# We All Return To Our Roots



## OnlyAnEgg (Jul 11, 2007)

China is seeing a return to Confucian thought in these harried, fast-paced times.

_For nearly a century the ancient sage was confined to the intellectual doghouse in the land of his birth._
_Today he is fast supplanting communism as Chinese rulers, businessmen, and ordinary citizens turn back 2-1/2 millenniums to his teachings to help them cope with the economic and social changes racking their country._


Full Story:
http://news.yahoo.com/s/csm/20070710/wl_csm/oconfucius


----------



## CoryKS (Jul 11, 2007)

There is a fairly universal meme to the effect that 'we are doing it wrong, the world is going to hell in a handbasket, we should heed the example of our ancient learneds'.  You see it everywhere, whether from neocons who would have us look to the Greeks, the militant Islamists who would have us live like 7th century nomads, or the global warming people, who, to the extent that they want us to live at all, would have us live like cavemen.  Which might suit MA-Caver, but I'll pass.


----------



## OnlyAnEgg (Jul 11, 2007)

I'm in agreement.  Seems to me that tech is evolving faster than responsibility and reason (which has always been the case).

I'm not sure about a cave; but, a nice little cottage in the woods would suit me.


----------



## Steel Tiger (Jul 11, 2007)

I suppose we could all do with a little Confucius in our lives.  His philosophy is about respect whether it be for family, friends, government, or nature.  A little more respect would not hurt the world


----------



## bushidomartialarts (Jul 11, 2007)

OnlyAnEgg said:


> I'm in agreement.
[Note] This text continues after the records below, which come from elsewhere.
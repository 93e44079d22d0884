-- ===== src/Game/Tests.antt =====
-- Runs of the modules of Game on concrete inputs: patterns, rules, coordinates, chains and plans.
use rc_launcher.Base.{
  ℕ, ◌≡◌, ◌≢◌, ◌↔◌, ◌⊎◌, refl, sym, some-injective, true, false, Option, none, some, List, [], ◌∷◌,
  map, ok, err, arith,
}
use rc_launcher.Base.Text.{
  Text, codes, text_eq, split_on, rsplit_once, Lacks, lookup, replace_char, trim_end, starts_with,
  contains,
}
use rc_launcher.Error.{RcResult, other}
use rc_launcher.Game.Pattern.{
  parse_pattern, parse_at, begin_node, escaped, version_matches, matches_at, try_each, match_one,
  strip_dollar,
}
use rc_launcher.Game.Pattern.Language.{Matches, matches_at-iff-Matches}
use rc_launcher.Game.Platform.{OsRule, android, os_matches, is_os, os_from_rule, os_eq, os_rule_str}
use rc_launcher.Game.Library.{
  Library, LibraryDownloads, Rule, allow, disallow, Coordinate, parse_maven, maven_path, is_allowed,
  artifact_url, given_url, last_verdict, rule_matches, is_allow, native_classifier,
}
use rc_launcher.Game.Library.Rules.{LastMatch, is_allowed-iff-LastMatch}
use rc_launcher.Game.Library.Maven.{Plain, parse_maven-full_coordinate}
use rc_launcher.Game.Version.{
  VersionJson, ResolvedVersion, VersionManifest, VersionEntry, merge_chain, reverse_onto,
  resolve_version, fetch_entry, no_downloads, default_resolved,
}
use rc_launcher.Game.Version.Libraries.{
  libraries-merge_chain, last_named, all_libraries, distinct_after, names,
}
use rc_launcher.Game.Version.Walk.{Line}
use rc_launcher.Game.Version.Ends.{resolve_version-iff-Line}
use rc_launcher.Mirror.{Url, new_provider, rewrite_all, preferred, offers}
use rc_launcher.Game.Path.{path_eq, texts_eq, join, components}
use rc_launcher.Game.Plan.{
  Resolver, Json, AssetsIndex, build_full_plan, build_plan, client_item, index_item, main_jar,
  native_jar, logging_item, item, plan_library, plan_libraries, add, add_all, dedup, dedup_after,
  plan_assets, has_path, complete, add_mirrors,
}
use rc_launcher.Game.Plan.Merged.{merged_at, dests_after, dests}
use rc_launcher.Game.Plan.Items.{all_items, build_full_plan_lem}

abbrev macos_10 : Text
macos_10 = codes "10\\.\\d+"

version_matches_run : version_matches (codes "^10\\.\\d+$") (codes "10.15") ≡ true
unfolding version_matches parse_pattern parse_at begin_node escaped matches_at try_each match_one
    strip_dollar
version_matches_run = refl

-- A pattern that starts with `^` and does not end with `$` keeps its `^`.
version_matches_caret_run : version_matches (codes "^10") (codes "10") ≡ false
unfolding version_matches parse_pattern parse_at begin_node escaped matches_at try_each match_one
    strip_dollar
version_matches_caret_run = refl

matches_at-iff-Matches_example :
    (matches_at (parse_pattern macos_10) (codes "10.15") ≡ true)
    ↔ Matches (parse_pattern macos_10) (codes "10.15")
matches_at-iff-Matches_example = matches_at-iff-Matches (parse_pattern macos_10) (codes "10.15")

abbrev os_rule : Text → OsRule
os_rule name = record { name = some name; arch = none; version = none }

abbrev not_on_linux : List Rule
not_on_linux =
    record { action = allow; os = none; features = none }
    ∷ record { action = disallow; os = some (os_rule (codes "linux")); features = none }
    ∷ []

abbrev no_artifact : LibraryDownloads
no_artifact = record { artifact = none; classifiers = [] }

abbrev plain_library : Text → List Rule → Library
plain_library name rules = record {
  name = name;
  url = none;
  downloads = no_artifact;
  natives = [];
  extract = none;
  rules = rules;
  client_req = none;
  serverreq = none;
}

is_allowed_run : is_allowed (plain_library (codes "a:b:1") not_on_linux) android [] ≡ false
unfolding is_allowed last_verdict rule_matches is_allow os_matches is_os os_from_rule os_eq text_eq
is_allowed_run = refl

is_allowed-iff-LastMatch_example :
    (is_allowed (plain_library (codes "a:b:1") not_on_linux) android [] ≡ true) ↔ (
      (not_on_linux ≡ []) ⊎ ((r : Rule) × LastMatch android [] not_on_linux r × (r.action ≡ allow)))
is_allowed-iff-LastMatch_example =
    is_allowed-iff-LastMatch (plain_library (codes "a:b:1") not_on_linux) android []

abbrev zip_coordinate : Coordinate
zip_coordinate = record {
  group = codes "a.b";
  artifact = codes "c";
  version = codes "1";
  classifier = some (codes "n");
  ext = codes "zip";
}

zip_coordinate-Plain : Plain zip_coordinate
unfolding Lacks
zip_coordinate-Plain = record {
  group = (refl, (refl, (refl, tt)));
  artifact = (refl, tt);
  version = (refl, tt);
  classifier = of_some;
}
  where
    of_some : (t : Text) → zip_coordinate.classifier ≡ some t → Lacks b':' t
    of_some t e = rw (sym (some-injective e)) (refl, tt)

parse_maven-full_coordinate_example : parse_maven (codes "a.b:c:1:n@zip") ≡ zip_coordinate
unfolding Lacks
parse_maven-full_coordinate_example =
    parse_maven-full_coordinate zip_coordinate zip_coordinate-Plain (refl, (refl, (refl, tt)))

abbrev version_json : Text → Option Text → List Library → VersionJson ℕ
version_json id parent libraries = record {
  id = some id;
  kind = none;
  inherits_from = parent;
  asset_index = none;
  assets = none;
  client = none;
  server = none;
  downloads = no_downloads;
  libraries = libraries;
  main_class = none;
  minecraft_arguments = none;
  arguments = none;
  java_version = none;
  logging = none;
  minimum_launcher_version = none;
}

abbrev base_version : VersionJson ℕ
base_version =
    version_json (codes "1") none
      (plain_library (codes "a:b:1") [] ∷ plain_library (codes "c:d:1") [] ∷ [])

abbrev forge_version : VersionJson ℕ
forge_version =
    version_json (codes "f") (some (codes "1")) (plain_library (codes "a:b:1") not_on_linux ∷ [])

libraries-merge_chain_example :
    map some ((merge_chain (base_version ∷ forge_version ∷ [])).libraries)
    ≡ map
        (λ n. last_named n none (all_libraries (base_version ∷ forge_version ∷ [])))
        (distinct_after [] (names (all_libraries (base_version ∷ forge_version ∷ []))))
libraries-merge_chain_example = libraries-merge_chain (base_version ∷ forge_version ∷ [])

abbrev entry : Text → VersionEntry
entry id = record {
  id = id;
  kind = codes "release";
  url = id;
  sha1 = none;
  time = none;
  release_time = none;
}

abbrev manifest : VersionManifest
manifest = record {
  latest = record { release = codes "1"; snapshot = codes "1" };
  versions = entry (codes "1") ∷ entry (codes "f") ∷ [];
}

abbrev server : Text → RcResult (VersionJson ℕ)
server url = elim (text_eq url (codes "f")) [
  | true ↦ ok forge_version
  | false ↦ elim (text_eq url (codes "1")) [
    | true ↦ ok base_version
    | false ↦ err (other "not there")
  ]
]

resolve_version-iff-Line_example :
    (resolve_version server manifest 3 (codes "f") ≢ none)
    × ((resolve_version server manifest 3 (codes "f")
          ≡ some (ok (merge_chain (base_version ∷ forge_version ∷ []))))
        ↔ ((vs : List (VersionJson ℕ)) × Line (fetch_entry server manifest) (codes "f") vs
            × (merge_chain (base_version ∷ forge_version ∷ []) ≡ merge_chain (reverse_onto vs []))))
resolve_version-iff-Line_example =
    resolve_version-iff-Line server manifest 3 (codes "f") (omega arith)
      (merge_chain (base_version ∷ forge_version ∷ []))

-- Two jars of one artifact, told apart by the classifier of their coordinates only.
abbrev jar_at : Text → Text → Library
jar_at name path = record (plain_library name []) {
  downloads = record {
    artifact = some (record { path = some path; sha1 = none; size = none; url = none });
    classifiers = [];
  };
}

abbrev two_jars : ResolvedVersion ℕ
two_jars = record default_resolved {
  libraries =
      jar_at (codes "o:l:1") (codes "o/l/1/l-1.jar")
      ∷ jar_at (codes "o:l:1:natives") (codes "o/l/1/l-1-natives.jar")
      ∷ [];
}

abbrev resolver : Resolver
resolver = record {
  platform = android;
  mirror = new_provider [];
  root = record { absolute = true; parts = codes "data" ∷ [] };
}

abbrev no_url : Text → Option Url
no_url u = none

abbrev numbers : Json ℕ
numbers = record { get = λ v k. none; as_str = λ v. none; as_u64 = λ v. some v }

abbrev no_assets : AssetsIndex
no_assets = record { id = none; objects = []; map_to_resources = none }

-- The second jar has the destination of the first one, so that one jar is planned.
two_jars_run :
    map (λ i. i.url) (build_full_plan no_url resolver numbers two_jars no_assets)
    ≡ codes "https://libraries.minecraft.net/o/l/1/l-1.jar" ∷ []
unfolding build_full_plan build_plan client_item index_item plan_libraries plan_library main_jar
    native_jar logging_item item add add_all dedup dedup_after plan_assets has_path path_eq texts_eq
    join components complete is_allowed artifact_url given_url maven_path parse_maven rsplit_once
    split_on replace_char trim_end starts_with native_classifier lookup os_rule_str rewrite_all
    preferred offers text_eq add_mirrors contains
two_jars_run = refl

build_full_plan_lem_example :
    map some (build_full_plan no_url resolver numbers two_jars no_assets)
    ≡ map
        (λ p. merged_at p none (all_items no_url resolver numbers two_jars no_assets))
        (dests_after [] (dests (all_items no_url resolver numbers two_jars no_assets)))
build_full_plan_lem_example = build_full_plan_lem no_url resolver numbers two_jars no_assets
Seems to me that tech is evolving faster than responsibility and reason (which has always been the case).


 
You been reading Alvin Toffler again?


----------



## OnlyAnEgg (Jul 12, 2007)

bushidomartialarts said:


> You been reading Alvin Toffler again?


 
I agreed with him, too.

Sting said, 'Love is the seventh wave'.  According to Toffler, we have 4 more to get to it.

I wonder if we'll make it.


----------